And once it's installed interaction is limited to the textual omnimenu-thing,
since Sublime's extension API is extremely limited. Package Control is awesome
for what it is, but it's severely constrained by not being a first-class
feature of the UI.

In VSCode, by contrast, there's a proper UI for extension installation that's
part of the core product. Clicking on the extension brings up a full-viewport
window with the README and quick links to the reviews and GitHub. I've had a
lot of luck finding quality extensions by installing the official Microsoft
extension, if one exists, or otherwise using number of
downloads/reviews/GitHub activity as a rough proxy for quality.

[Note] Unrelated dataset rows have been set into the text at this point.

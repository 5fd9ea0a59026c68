-- ===== src/Guard/Loop/Pump/Ends.antt =====
-- The end of `pump_ui_messages` in src/browser_guard.c.
use browser_guard.Prelude.{
  ℕ, ◌+◌, ◌-◌, ◌≤◌, ◌<◌, ◌≡◌, ◌⊎◌, refl, true, not, ◌||◌, Option, none, some, List, inl, inr, ltb,
  on_if, add32, dword_mod, arith, poll_ends, Bool-cases, Option-cases,
}
use browser_guard.Windows.{Processes, Desktop}
use browser_guard.Windows.Session.{Session}
use browser_guard.Windows.Input.{Input}
use browser_guard.ProcessControl.Groups.{SecurityContext}
use browser_guard.Guard.{TrackedProcess}
use browser_guard.Guard.Loop.{Globals, read_should_stop, dispatch_messages}
use browser_guard.Guard.Loop.Pump.{
  clicked_suspended_browser_window, hotkey_pressed, PumpState, slice_ms, pump_click, pump_input,
  pump_turn, pump_turns, pump_ui_messages,
}

module _ {P D : Type 0} ⦃ps : Processes P⦄ ⦃ss : Session P⦄ ⦃ds : Desktop D⦄ ⦃is : Input D⦄
    (context : SecurityContext) (tracked : List TrackedProcess) where
  -- A part of a turn requests the resumption, or lets the pause pass.
  abbrev Goes : ℕ → Option (Unit {0}) × PumpState P D → Type 0
  Goes elapsed r =
      ((r.0 ≡ some tt) × (r.1.globals.resume_requested ≡ true))
      ⊎ ((r.0 ≡ none) × (r.1.elapsed ≡ add32 elapsed slice_ms))

  pump_click-Goes : (s : PumpState P D) → Goes s.elapsed (pump_click context tracked s)
  unfolding pump_click
  pump_click-Goes s =
      let clicked =
        clicked_suspended_browser_window context tracked s.globals s.processes s.desktop in
      elim (Option-cases clicked.0) [
        | inl e ↦ rw (e, pump_click) (inr (refl, refl))
        | inr (hwnd, e) ↦ rw (e, pump_click) (inl (refl, refl))
      ]

  pump_input-Goes : (s : PumpState P D) → Goes s.elapsed (pump_input context tracked s)
  unfolding pump_input
  pump_input-Goes s =
      let (messages, d) = is.waiting_messages s.desktop in
      let (g1, d1) = dispatch_messages messages s.globals d in
      let (pressed, g2, d2) = hotkey_pressed g1 d1 in
      on_if (Goes s.elapsed) pressed _ _ (λ _. inl (refl, refl))
        (λ _. pump_click-Goes (record s { globals = g2; desktop = d2 }))

  -- Why the pump ends.
  abbrev pub IsOver : ℕ → Unit {0} → PumpState P D → Type 0
  IsOver interval_ms r s =
      (s.globals.should_stop ≡ true)
      ⊎ (s.globals.resume_requested ≡ true)
      ⊎ (interval_ms ≤ s.elapsed)

  abbrev Turned : ℕ → PumpState P D → Option (Unit {0}) × PumpState P D → Type 0
  Turned interval_ms s r =
      ((r.0 ≡ some tt) × IsOver interval_ms tt r.1)
      ⊎ ((r.0 ≡ none) × (s.elapsed < interval_ms) × (r.1.elapsed ≡ add32 s.elapsed slice_ms))

  Goes→Turned :
      (interval_ms : ℕ) (s : PumpState P D) (r : Option (Unit {0}) × PumpState P D)
      → s.elapsed < interval_ms
      → Goes s.elapsed r
      → Turned interval_ms s r
  Goes→Turned interval_ms s r early (inl (e, f)) = inl (e, inr (inl f))
  Goes→Turned interval_ms s r early (inr (e, f)) = inr (e, early, f)

  stopped :
      (interval_ms : ℕ) (s : PumpState P D)
      → (s.globals.should_stop || not (ltb s.elapsed interval_ms)) ≡ true
      → IsOver interval_ms tt s
  stopped interval_ms s over = elim (Bool-cases s.globals.should_stop) [
    | inl e ↦ inl e
    | inr e ↦ inr (inr (ground arith))
  ]

  pump_turn-Turned :
      (interval_ms shutdown_event : ℕ) (s : PumpState P D)
      → Turned interval_ms s (pump_turn context tracked interval_ms shutdown_event s)
  unfolding pump_turn
  pump_turn-Turned interval_ms shutdown_event s =
      let (g, d) = read_should_stop s.globals s.desktop in
      let s1 : PumpState P D = record s { globals = g; desktop = d } in
      let (set, p) = ss.is_set shutdown_event s.processes in
      let s2 : PumpState P D = record s1 { processes = p } in
      on_if (Turned interval_ms s) (g.should_stop || not (ltb s.elapsed interval_ms)) _ _
        (λ over. inl (refl, stopped interval_ms s1 over))
        (λ e.
          on_if (Turned interval_ms s) set _ _ (λ _. inl (refl, inl refl))
            (λ _.
              Goes→Turned interval_ms s (pump_input context tracked s2) (ground arith)
                (pump_input-Goes s2)))

  abbrev Before : ℕ → PumpState P D → Type 0
  Before interval_ms s = s.elapsed < interval_ms + slice_ms

  abbrev left : ℕ → PumpState P D → ℕ
  left interval_ms s = interval_ms - s.elapsed

  goes_on :
      (interval_ms : ℕ)
      → interval_ms + slice_ms < dword_mod
      → (s : PumpState P D) (r : Option (Unit {0}) × PumpState P D) → Turned interval_ms s r
      → r.0 ≡ none
      → Before interval_ms r.1 × (left interval_ms r.1 < left interval_ms s)
  unfolding add32
  goes_on interval_ms small s r (inl (e, over)) f = cc
  goes_on interval_ms small s r (inr (e, early, passed)) f = (omega arith, omega arith)

  ends :
      (interval_ms : ℕ) (s : PumpState P D) (r : Option (Unit {0}) × PumpState P D)
      → Turned interval_ms s r
      → r.0 ≡ some tt
      → IsOver interval_ms tt r.1
  ends interval_ms s r (inl (e, over)) f = over
  ends interval_ms s r (inr (e, early, passed)) f = cc

  -- The pump ends, within as many turns as the interval has milliseconds and one more, whatever keys,
  -- clicks and messages come: because the program should stop, because a resumption was requested, or
  -- because the interval is over. The interval is at most 2 ^ 32 - 51 ms, so the DWORD that
  -- counts it does not wrap.
  pub pump_ui_messages-ends :
      (interval_ms shutdown_event : ℕ) (g : Globals) (p : P) (d : D)
      → interval_ms + slice_ms < dword_mod
      → let r = pump_ui_messages context tracked interval_ms shutdown_event g p d in
        (r.0 ≡ some tt) × IsOver interval_ms tt r.1
  unfolding pump_ui_messages
  pump_ui_messages-ends interval_ms shutdown_event g p d small =
      let turn = pump_turn context tracked interval_ms shutdown_event in
      let (r, e, over) =
        poll_ends turn (Before interval_ms) (left interval_ms) (IsOver interval_ms)
          (λ s b e.
            goes_on interval_ms small s (turn s) (pump_turn-Turned interval_ms shutdown_event s) e)
          (λ s r b e. ends interval_ms s (turn s) (pump_turn-Turned interval_ms shutdown_event s) e)
          (pump_turns interval_ms) (record { elapsed = 0; globals = g; processes = p; desktop = d })
          (omega arith) (omega arith) in
      (e, over)
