-- ===== src/Motor/Decode.antt =====
-- What `TmlAxis::poll` makes of the registers that it has read: the published status, the fault text,
-- and the notes of the axis.
use technosoft_tml_motor.Prelude.{
  ℕ, Bool, true, false, not, ◌&&◌, ◌||◌, Option, none, some, [], ◌∷◌, ◌++◌, if◌then◌else◌, ◌==◌,
  codes,
}
use technosoft_tml_motor.Prelude.Int.{ℤ, pos, negsuc}
use technosoft_tml_motor.VarMap.{Name}
use technosoft_tml_motor.Motor.Axis.{Axis, Params, Slow}
use technosoft_tml_motor.Motor.Select.{bit_set}

-- What one poll has read, both required reads done. `slow` is there on every tenth poll.
pub record Readings : Type 0 where
  pub tpos : ℤ
  pub apos : Option ℤ
  pub srl : ℕ
  pub srh : ℕ
  pub mer : ℕ
  pub slow : Option Slow

abbrev pub word : Bool → Name → Name
word b text = if b then text else []

-- The trailing space is cut off.
unfoldable pub trim : Name → Name
trim [] = []
trim (c ∷ []) = if c == 32 then [] else c ∷ []
trim (c ∷ d ∷ cs) = c ∷ trim (d ∷ cs)

unfoldable pub fault_text : ℕ → ℕ → Name
unfolding trim
fault_text srl srh =
    let ferr = bit_set srh 0 in
    let overspeed = bit_set srh 1 in
    let overcurrent = bit_set srh 2 in
    let overtemp = bit_set srh 4 in
    let uvolt = bit_set srh 5 in
    let ovolt = bit_set srh 6 in
    let gflt = bit_set srl 8 in
    let aflt = bit_set srl 9 in
    if bit_set srh 15 || gflt || aflt
    then trim (
        word ferr (codes "FollowErr ")
        ++ (word overspeed (codes "Overspeed ")
            ++ (word overcurrent (codes "Overcurrent ")
                ++ (word overtemp (codes "Overtemp ")
                    ++ (word uvolt (codes "UnderVolt ")
                        ++ (word ovolt (codes "OverVolt ")
                            ++ (word
                                  (gflt
                                    && not ferr
                                    && not overspeed
                                    && not overcurrent
                                    && not overtemp
                                    && not uvolt
                                    && not ovolt)
                                  (codes "GlobalFault ")
                                ++ word aflt (codes "AxisFault"))))))))
    else codes "OK"

abbrev pub or_position : ℤ → Option ℤ → ℤ
or_position p none = p
or_position p (some a) = a

abbrev pub or_slow : Slow → Option Slow → Slow
or_slow old none = old
or_slow old (some new) = new

-- `cspd_raw >= 0`, where `cspd_raw` is 0 unless this poll has read it.
unfoldable pub forward : Option Slow → Bool
forward none = true
forward (some s) = elim (s.cspd) [ pos n ↦ true | negsuc n ↦ false ]

-- Motion complete as reported: held after a stop until the drive says so itself.
abbrev pub completes : Readings → Axis → Bool
completes r a = if a.stopping then true else bit_set r.srl 10

abbrev pub moves : Readings → Axis → Bool
moves r a = not (completes r a) && bit_set r.srl 15

abbrev pub seen_moving : Readings → Axis → Bool
seen_moving r a = if a.homing_active && moves r a then true else a.homing_move_seen

unfoldable pub published : Readings → Axis → Bool → Params → Params
unfolding fault_text forward
published r a activated p = record p {
  position = r.tpos;
  encoder = or_position r.tpos r.apos;
  slow = or_slow p.slow r.slow;
  reg_srh = r.srh;
  reg_srl = r.srl;
  reg_mer = r.mer;
  is_done = completes r a;
  is_moving = moves r a;
  high_limit = not a.ignore_lsp && bit_set r.mer 6;
  low_limit = not a.ignore_lsn && bit_set r.mer 7;
  power_on = bit_set r.srl 15;
  problem = bit_set r.srh 15;
  comms_error = false;
  following_error = bit_set r.srh 0;
  direction = forward r.slow;
  at_home = if a.homing_active then p.at_home else bit_set r.mer 8;
  active = activated && bit_set r.srl 15;
  fault_text = fault_text r.srl r.srh;
}

-- The axis after the status is mapped.
unfoldable pub decode : Readings → Axis → Axis
unfolding published
decode r a =
    let axis_on = bit_set r.srl 15 in
    let activated = if axis_on && not a.powered then true else a.activated in
    record a {
      stopping = if a.stopping then not (bit_set r.srl 10) else false;
      homing_move_seen = seen_moving r a;
      powered =
          if axis_on && not a.powered
          then true
          else if not axis_on && a.powered
          then false
          else a.powered;
      activated = activated;
      params = published r a activated a.params;
    }

-- The test for the end of homing.
unfoldable pub finishes : Readings → Axis → Bool
finishes r a =
    a.homing_active
    && completes r a
    && (seen_moving r a || (if a.homing_toward_lsp then bit_set r.mer 6 else bit_set r.mer 7))

abbrev pub homed_at_zero : Axis → Axis
homed_at_zero a = record a {
  homing_active = false;
  params = record (a.params) { homed = true; at_home = true; position = pos 0 };
}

JetBrains IDEs have a very similar extension installation experience to VSCode
(i.e., good), but I've anecdotally found the available JetBrains extensions to
be lower quality than their analogous VSCode extensions. For example, I
_still_ can't find a good comment-wrapping plugin for JetBrains—everything
I've tried has some weird deficiency, like not being able to wrap comments at
a different column than the code width, or sometimes butchering surrounding
code, etc.

I'll admit that the one frustration I have with VSCode is that there is no
way, at least not that I've found, to export your entire configuration, both
settings and plugins, and use that to bootstrap a new VSCode installation. I
recently set up a new computer and spent the first few weeks rediscovering all
the extensions I'd installed on my old computer.

I'm curious to know if there's an editor/IDE that you think has a far superior
plugin experience than VSCode.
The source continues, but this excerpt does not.